*** Begin section ***
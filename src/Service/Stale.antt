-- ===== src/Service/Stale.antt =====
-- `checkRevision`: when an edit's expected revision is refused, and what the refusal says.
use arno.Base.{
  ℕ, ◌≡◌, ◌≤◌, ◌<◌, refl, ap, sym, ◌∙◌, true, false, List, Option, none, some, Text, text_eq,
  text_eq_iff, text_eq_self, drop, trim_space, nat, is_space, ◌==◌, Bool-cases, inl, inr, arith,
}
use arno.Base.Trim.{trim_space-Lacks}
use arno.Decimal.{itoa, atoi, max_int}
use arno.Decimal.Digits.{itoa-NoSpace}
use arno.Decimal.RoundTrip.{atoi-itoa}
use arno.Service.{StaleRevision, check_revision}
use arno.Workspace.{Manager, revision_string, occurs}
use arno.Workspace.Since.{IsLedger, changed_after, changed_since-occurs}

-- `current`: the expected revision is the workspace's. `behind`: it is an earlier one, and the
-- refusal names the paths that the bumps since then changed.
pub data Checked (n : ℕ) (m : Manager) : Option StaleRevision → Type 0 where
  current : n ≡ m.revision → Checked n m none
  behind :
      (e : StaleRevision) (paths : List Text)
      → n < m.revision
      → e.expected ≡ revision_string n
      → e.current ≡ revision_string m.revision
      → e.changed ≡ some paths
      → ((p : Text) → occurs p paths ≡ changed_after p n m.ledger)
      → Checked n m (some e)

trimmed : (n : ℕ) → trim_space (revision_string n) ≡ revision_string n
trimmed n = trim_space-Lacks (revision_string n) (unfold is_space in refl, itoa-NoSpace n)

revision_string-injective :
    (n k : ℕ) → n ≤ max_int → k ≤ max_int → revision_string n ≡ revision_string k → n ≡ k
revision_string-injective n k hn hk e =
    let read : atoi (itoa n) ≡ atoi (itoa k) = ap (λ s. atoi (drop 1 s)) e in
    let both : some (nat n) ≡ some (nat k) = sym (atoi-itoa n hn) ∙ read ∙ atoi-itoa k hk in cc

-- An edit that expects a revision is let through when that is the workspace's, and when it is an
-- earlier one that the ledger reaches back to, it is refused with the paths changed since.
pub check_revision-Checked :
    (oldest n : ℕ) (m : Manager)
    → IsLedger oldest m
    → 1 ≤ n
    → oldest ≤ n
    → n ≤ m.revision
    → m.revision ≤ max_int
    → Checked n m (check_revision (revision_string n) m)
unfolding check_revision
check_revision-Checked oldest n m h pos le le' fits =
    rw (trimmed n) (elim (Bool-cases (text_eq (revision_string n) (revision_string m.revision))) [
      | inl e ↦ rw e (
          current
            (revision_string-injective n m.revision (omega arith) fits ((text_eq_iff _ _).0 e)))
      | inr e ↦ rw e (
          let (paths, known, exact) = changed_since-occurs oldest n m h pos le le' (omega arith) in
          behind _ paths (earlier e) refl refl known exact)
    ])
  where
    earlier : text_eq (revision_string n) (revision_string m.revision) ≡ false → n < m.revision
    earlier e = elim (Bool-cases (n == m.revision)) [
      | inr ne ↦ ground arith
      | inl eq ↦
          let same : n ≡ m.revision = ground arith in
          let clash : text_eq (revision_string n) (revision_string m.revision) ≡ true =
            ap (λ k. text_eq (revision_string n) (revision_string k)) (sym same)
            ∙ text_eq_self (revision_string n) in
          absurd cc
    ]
*** End section ***
*** Begin section ***
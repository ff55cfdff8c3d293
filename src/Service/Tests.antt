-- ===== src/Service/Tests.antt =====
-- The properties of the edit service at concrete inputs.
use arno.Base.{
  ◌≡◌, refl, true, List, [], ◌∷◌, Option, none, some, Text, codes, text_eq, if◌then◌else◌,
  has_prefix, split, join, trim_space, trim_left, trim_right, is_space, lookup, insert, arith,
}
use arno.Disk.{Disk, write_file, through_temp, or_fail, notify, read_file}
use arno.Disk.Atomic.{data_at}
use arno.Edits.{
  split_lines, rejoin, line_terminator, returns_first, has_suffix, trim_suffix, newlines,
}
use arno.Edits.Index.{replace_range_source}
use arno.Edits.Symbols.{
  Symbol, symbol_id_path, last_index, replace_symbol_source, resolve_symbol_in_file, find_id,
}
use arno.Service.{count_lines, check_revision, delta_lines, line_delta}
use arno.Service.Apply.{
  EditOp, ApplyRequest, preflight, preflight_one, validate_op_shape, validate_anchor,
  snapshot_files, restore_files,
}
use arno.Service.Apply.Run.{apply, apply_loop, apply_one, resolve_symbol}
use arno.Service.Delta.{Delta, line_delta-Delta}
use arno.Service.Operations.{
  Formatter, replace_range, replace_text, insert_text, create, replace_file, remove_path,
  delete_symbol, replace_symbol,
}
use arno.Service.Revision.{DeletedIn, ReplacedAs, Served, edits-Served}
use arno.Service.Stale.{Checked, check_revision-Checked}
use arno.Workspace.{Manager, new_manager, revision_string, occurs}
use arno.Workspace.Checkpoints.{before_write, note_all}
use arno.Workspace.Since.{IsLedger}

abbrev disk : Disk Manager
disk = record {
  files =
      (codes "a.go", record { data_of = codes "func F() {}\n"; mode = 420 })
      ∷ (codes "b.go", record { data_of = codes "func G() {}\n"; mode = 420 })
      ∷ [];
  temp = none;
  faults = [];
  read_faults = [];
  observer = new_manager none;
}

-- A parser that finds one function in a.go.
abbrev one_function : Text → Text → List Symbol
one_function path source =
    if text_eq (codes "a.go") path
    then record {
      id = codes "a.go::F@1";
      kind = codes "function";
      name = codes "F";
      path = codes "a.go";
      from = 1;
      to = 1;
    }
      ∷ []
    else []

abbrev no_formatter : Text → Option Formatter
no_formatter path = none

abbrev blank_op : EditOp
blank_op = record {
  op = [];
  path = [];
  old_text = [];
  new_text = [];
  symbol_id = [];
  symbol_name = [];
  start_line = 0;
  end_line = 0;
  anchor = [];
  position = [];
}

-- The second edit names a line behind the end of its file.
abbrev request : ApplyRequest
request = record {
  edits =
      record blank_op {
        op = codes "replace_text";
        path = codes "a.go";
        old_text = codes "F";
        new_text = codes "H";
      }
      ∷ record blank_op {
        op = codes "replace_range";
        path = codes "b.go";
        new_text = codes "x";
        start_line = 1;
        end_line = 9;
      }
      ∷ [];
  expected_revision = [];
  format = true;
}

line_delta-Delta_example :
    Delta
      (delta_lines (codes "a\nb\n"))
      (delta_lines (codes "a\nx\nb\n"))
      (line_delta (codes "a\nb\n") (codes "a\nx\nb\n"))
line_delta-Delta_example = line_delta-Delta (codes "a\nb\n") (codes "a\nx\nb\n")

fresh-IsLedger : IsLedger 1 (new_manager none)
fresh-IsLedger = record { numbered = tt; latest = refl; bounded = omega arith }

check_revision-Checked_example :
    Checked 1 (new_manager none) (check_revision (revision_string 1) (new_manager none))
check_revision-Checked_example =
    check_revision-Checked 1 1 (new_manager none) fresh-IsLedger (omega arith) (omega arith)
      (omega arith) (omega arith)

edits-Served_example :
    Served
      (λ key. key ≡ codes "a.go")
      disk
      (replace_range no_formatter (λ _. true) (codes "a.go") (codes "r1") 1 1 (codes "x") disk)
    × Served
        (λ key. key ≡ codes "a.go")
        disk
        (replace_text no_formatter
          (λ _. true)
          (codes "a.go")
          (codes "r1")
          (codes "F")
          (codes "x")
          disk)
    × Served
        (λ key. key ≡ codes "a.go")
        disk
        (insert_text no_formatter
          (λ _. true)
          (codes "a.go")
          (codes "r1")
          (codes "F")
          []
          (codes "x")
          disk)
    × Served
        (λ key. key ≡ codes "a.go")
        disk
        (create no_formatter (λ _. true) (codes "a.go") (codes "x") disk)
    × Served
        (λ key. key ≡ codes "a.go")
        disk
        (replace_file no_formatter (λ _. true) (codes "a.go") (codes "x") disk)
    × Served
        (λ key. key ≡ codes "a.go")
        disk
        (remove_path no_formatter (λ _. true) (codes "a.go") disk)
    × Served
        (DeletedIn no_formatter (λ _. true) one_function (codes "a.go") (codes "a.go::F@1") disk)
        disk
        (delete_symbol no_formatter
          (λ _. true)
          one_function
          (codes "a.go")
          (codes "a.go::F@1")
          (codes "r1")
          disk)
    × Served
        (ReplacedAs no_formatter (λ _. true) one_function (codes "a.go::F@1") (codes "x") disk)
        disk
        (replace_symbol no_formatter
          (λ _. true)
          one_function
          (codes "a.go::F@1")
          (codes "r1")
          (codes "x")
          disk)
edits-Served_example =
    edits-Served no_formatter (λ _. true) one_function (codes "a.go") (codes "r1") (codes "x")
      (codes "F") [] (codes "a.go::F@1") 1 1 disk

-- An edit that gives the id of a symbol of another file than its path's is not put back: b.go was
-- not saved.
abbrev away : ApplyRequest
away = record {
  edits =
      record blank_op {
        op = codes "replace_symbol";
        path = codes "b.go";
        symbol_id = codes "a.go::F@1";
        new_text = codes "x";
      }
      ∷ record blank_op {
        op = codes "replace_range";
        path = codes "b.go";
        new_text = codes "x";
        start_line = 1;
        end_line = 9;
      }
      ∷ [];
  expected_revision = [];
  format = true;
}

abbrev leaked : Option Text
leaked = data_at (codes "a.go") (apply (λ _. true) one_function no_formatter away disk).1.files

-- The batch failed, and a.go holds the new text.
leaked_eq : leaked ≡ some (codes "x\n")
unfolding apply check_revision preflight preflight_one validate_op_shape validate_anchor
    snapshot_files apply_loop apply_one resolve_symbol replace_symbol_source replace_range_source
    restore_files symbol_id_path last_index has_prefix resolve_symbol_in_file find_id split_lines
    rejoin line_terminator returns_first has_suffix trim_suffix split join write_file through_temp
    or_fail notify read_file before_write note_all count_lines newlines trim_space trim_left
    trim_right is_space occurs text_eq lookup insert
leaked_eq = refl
*** End section ***
> **Prompt**
Wherever the string "create" appears in a line above, copy that line.

> **Solution to this task**
  Formatter, replace_range, replace_text, insert_text, create, replace_file, remove_path,
        (create no_formatter (λ _. true) (codes "a.go") (codes "x") disk)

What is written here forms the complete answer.